Há dias em que o mar interior de cada um de nós está agitado, turbulento, poluído. Porém, para nossa esperança, sempre há alguém mais humano ou menos atribulado que derrama sobre nós sua gota de amor no dia-a-dia, principalmente no ambiente do trabalho. E fico grata por isso.
Nessa história de que somos produtos do meio, estamos sendo ‘metamorfoseados’ (Franz Kafka me entenderia bem) à condição de seres indiferentes. Será que estamos endurecendo e perdendo a ternura? Será que um dia estaremos realmente preparados para o mundo insensível que nos cerca? Estou começando a ter noites insones de dúvidas.
Sim, sou do time dos sensíveis, e já não vejo mais problemas nisso.
Apesar de todas as benesses da tecnologia e de todas as maravilhas criadas desde a Revolução Industrial, TER foi elevado a um grau de importância maior que SER. Você pode não concordar comigo, caro(a) leitor(a), mas é factual. E, no andar dessa carruagem cronológica, estamos descontruindo relações, perdendo essências intrínsecas à nossa condição humana.
Estamos nos tornando mais impacientes, intolerantes, diabolicozinhos, sem tempo para escutar, com saco zero para o problema do outro. Eu sei, a correria é grande, você deve estar dizendo. Mas, para quem não é? E por que ela o impediria de simplesmente agir com amor?
Nas relações de trabalho é raro ver evaporar uma gota de afeto entre os humanos. Aos mais sensíveis, cabe criar camadas e mais camadas (como as de cebola) para não serem sufocados com aquele nó da garganta diário. E falo aqui das pequenas gotículas que deveriam ser derramadas no decorrer do dia: um gesto cortês, uma gentileza que não seja mera educação, uma escuta genuína, uma ação que nos faça lembrar que somos seres humanos antes der sermos engenheiros, advogados, administradores, jornalistas, psicólogos, professores… Falo da relação de um colega com o outro com olhar humanizado. Não somos máquinas de afazeres. Temos sentimentos, anseios, necessitamos de abraço e de atenção. Hello, cadê o coração?
E, por que não pode haver o afeto por alguém que convive conosco diariamente, com quem perseguimos metas corporativas, dividimos ideias em sessões além da madrugada para aquele ‘brainstorm Eureka’?
Por que temos que nos fechar nas bolhas de nossas camadas cebolentas e fingir que não sentimos nada, que somos imunes ao meio? Não somos imunes. O meio nos molda às circunstâncias.

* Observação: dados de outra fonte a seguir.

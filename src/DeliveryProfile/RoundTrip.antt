-- ===== src/DeliveryProfile/RoundTrip.antt =====
-- delivery_profile.py: a profile is read as it was written.
use yakr.Prelude.{ℕ, ◌≡◌, refl, List, [], ◌∷◌, ok, eqb, Bytes, Text, rstrip, All}
use yakr.Base64.RoundTrip.{b64decode-b64encode}
use yakr.Codec.{Codec, strs_of-texts, ints_of-numbers}
use yakr.DeliveryProfile.Payload.{
  RelayDescriptor, DeliveryProfile, descriptor_fields, descriptor_items, profile_fields,
  descriptor_of_fields, descriptors_of, of_fields, to_bytes, from_bytes, to_b64, from_b64,
}

-- The generation of a descriptor with no salt, which is not written.
abbrev pub KeepsGeneration : ℕ → Bytes → Type 0
KeepsGeneration generation [] = generation ≡ 0
KeepsGeneration generation (b ∷ bs) = Unit

-- A descriptor that `from_dict` could have made, and that carries a generation only with a salt.
pub record IsNormal (d : RelayDescriptor) : Type 0 where
  pub url : rstrip b'/' d.url ≡ d.url
  pub generation : KeepsGeneration d.capability_generation d.capability_issuance_salt

module _ (c : Codec) where
  descriptor-parts :
      (name role url : Text) (wrap pin : Bytes) (generation : ℕ) (salt : Bytes)
      → rstrip b'/' url ≡ url
      → KeepsGeneration generation salt
      → (let d : RelayDescriptor = record {
        name = name;
        role = role;
        url = url;
        wrap_secret = wrap;
        tls_spki_sha256 = pin;
        capability_generation = generation;
        capability_issuance_salt = salt;
      } in
          descriptor_of_fields c (descriptor_fields d) ≡ ok d)
  unfolding descriptor_of_fields descriptor_fields eqb
  descriptor-parts name role url wrap [] generation [] e g =
      simp (c.bytes_of_bytes, c.str_of_text, e, g) refl
  descriptor-parts name role url wrap [] generation (s ∷ ss) e g =
      simp (c.bytes_of_bytes, c.str_of_text, c.int_of_int, e) refl
  descriptor-parts name role url wrap (p ∷ ps) generation [] e g =
      simp (c.bytes_of_bytes, c.str_of_text, e, g) refl
  descriptor-parts name role url wrap (p ∷ ps) generation (s ∷ ss) e g =
      simp (c.bytes_of_bytes, c.str_of_text, c.int_of_int, e) refl

  descriptors_of-items :
      (ds : List RelayDescriptor) → All IsNormal ds → descriptors_of c (descriptor_items ds) ≡ ok ds
  unfolding descriptors_of descriptor_items
  descriptors_of-items [] h = refl
  descriptors_of-items (d ∷ ds) h =
      rw
        (
          descriptor-parts d.name d.role d.url d.wrap_secret d.tls_spki_sha256
              d.capability_generation d.capability_issuance_salt h.0.url h.0.generation,
          descriptors_of-items ds h.1,
        )
        refl

  from_bytes-to_bytes :
      (p : DeliveryProfile) → All IsNormal p.relay_descriptors → from_bytes c (to_bytes c p) ≡ ok p
  unfolding from_bytes to_bytes of_fields profile_fields eqb
  from_bytes-to_bytes p h = rw c.loads-dumps (
      simp
        (
          c.bytes_of_bytes,
          c.str_of_text,
          c.int_of_int,
          c.items_of_list,
          strs_of-texts,
          ints_of-numbers,
          descriptors_of-items p.relay_descriptors h,
        )
        refl)

  -- A profile is read back as it was written, if each of its relay URLs has no slash at its end and each
  -- generation comes with a salt.
  pub profile_from_b64-to_b64 :
      (p : DeliveryProfile) → All IsNormal p.relay_descriptors → from_b64 c (to_b64 c p) ≡ ok p
  unfolding from_b64 to_b64
  profile_from_b64-to_b64 p h =
      rw (b64decode-b64encode (to_bytes c p) (unfold to_bytes in c.dumps-IsBytes _))
        (from_bytes-to_bytes p h)
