-- ===== src/Ratchet/Chains.antt =====
-- ratchet.py: the key derivations, and the keys of skipped messages.
use yakr.Prelude.{
  ℕ, zero, suc, ◌+◌, none, some, [], ◌∷◌, ◌++◌, Result, err, or_raise, take, drop, Bytes, Text,
  codes, lookup, insert, decimal, hex,
}
use yakr.Base64.{b64encode, b64decode}
use yakr.Crypto.{Crypto, CryptoError}
use yakr.Ratchet.State.{RatchetState}

pub data RatchetError : Type 0 where
  payload_too_short invalid_header recv_chain_missing send_chain_missing already_received :
      RatchetError
  skip_gap_too_large skipped_key_limit peer_key_length bad_exchange header_overflow
        bad_skipped_key :
      RatchetError
  sealed_message : CryptoError → RatchetError

abbrev pub max_skip_gap : ℕ
max_skip_gap = 128

abbrev pub max_skipped_keys : ℕ
max_skipped_keys = 256

abbrev pub ratchet_magic : Bytes
ratchet_magic = codes "YKDR2"

-- `f"{dh_public.hex()}:{n}"`
unfoldable pub key_id : Bytes → ℕ → Text
key_id dh_public n = hex dh_public ++ b':' ∷ decimal n

unfoldable pub store_skip : Bytes → ℕ → Bytes → RatchetState → RatchetState
store_skip dh_public n message_key s = record s {
  skipped_keys = insert (key_id dh_public n) (b64encode message_key) s.skipped_keys;
}

-- The stored key stays where it is. A missing one is the error of `decrypt`.
unfoldable pub skip_key : Bytes → ℕ → RatchetState → Result RatchetError Bytes
skip_key dh_public n s = elim (lookup (key_id dh_public n) s.skipped_keys) [
  | none ↦ err already_received
  | some stored ↦ or_raise (b64decode stored) bad_skipped_key
]

module _ (k : Crypto) where
  unfoldable pub kdf_rk : Bytes → Bytes → Bytes × Bytes
  kdf_rk root_key dh_output =
      let material = k.hkdf 64 root_key (codes "yakr/v1.0/double-ratchet-rk") dh_output in
      (take 32 material, drop 32 material)

  -- The message key, and the next chain key.
  unfoldable pub kdf_ck : Bytes → Bytes × Bytes
  kdf_ck chain_key =
      let material = k.hkdf 64 chain_key (codes "yakr/v1.0/double-ratchet-ck") [] in
      (take 32 material, drop 32 material)

  -- `while self.recv_n < message_n`, with the number of rounds: the chain key and the state behind it.
  unfoldable pub skip_keys : ℕ → Bytes → Bytes → RatchetState → Bytes × RatchetState
  skip_keys zero dh_public chain_key s = (chain_key, s)
  skip_keys (suc gap) dh_public chain_key s =
      let step = kdf_ck chain_key in
      let stored = store_skip dh_public s.recv_n step.0 s in
      skip_keys gap dh_public step.1
        (record stored { recv_chain_key = some step.1; recv_n = s.recv_n + 1 })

Eu as enfrento com minha juba leonina e confesso – sem medo de penitência – que me falta o fino trato por várias vezes, mas, tento, na medida do que realmente posso e acredito, seguir a trilha de quem enxerga o mundo com um pouco mais de amor – ainda que a desilusão tenha me dado o ar da ‘des’graça de sua companhia.
Persigo o olhar humano e, embora tenha me deparado mil vezes com olhares em telas de smartphones ou no que a vizinha do lado possui – e o que seria um diálogo vira um monólogo –, continuo em busca daquele brilho no olho de alguém que senta pra bater um papo e falar da vida, olhando dentro dos meus olhos.
Entre um capuccino e outro, gosto daquela conversa sobre as conquistas dos filhos na escola, de saber como foi a consulta com o terapeuta, de ouvir o relato com detalhes das incongruências das próprias escolhas. Procuro a íris do olho humano, de gente que sente e que sabe que é um ser pensante antes de ser plastificado e etiquetado como um produto, apenas. Apenas um produto do meio.
Pessoas sensíveis, avante! De gota em gota criaremos um novo oceano. Quero crer. Somos poucos nessa construção, mas dentro de cada um, e em cada ação, nos tornamos muitos!
Confesso que tenho deixado emergir poucas gotas. Estou apenas me preservando, porque ainda sou aquela tartaruguinha que não sabe muito bem pra onde olhar quando sai da casca.
Devo estar fora de moda. Com meu tênis no lugar do salto, minhas calças largas e meu cabelo de 3 centímetros, estou fora do padrão. Mas continuarei sendo humana e treinando para derramar, a quem mereça, o oceano que há em mim.
E, só por curiosidade, pergunto: quantas gotas de amor você serviu hoje?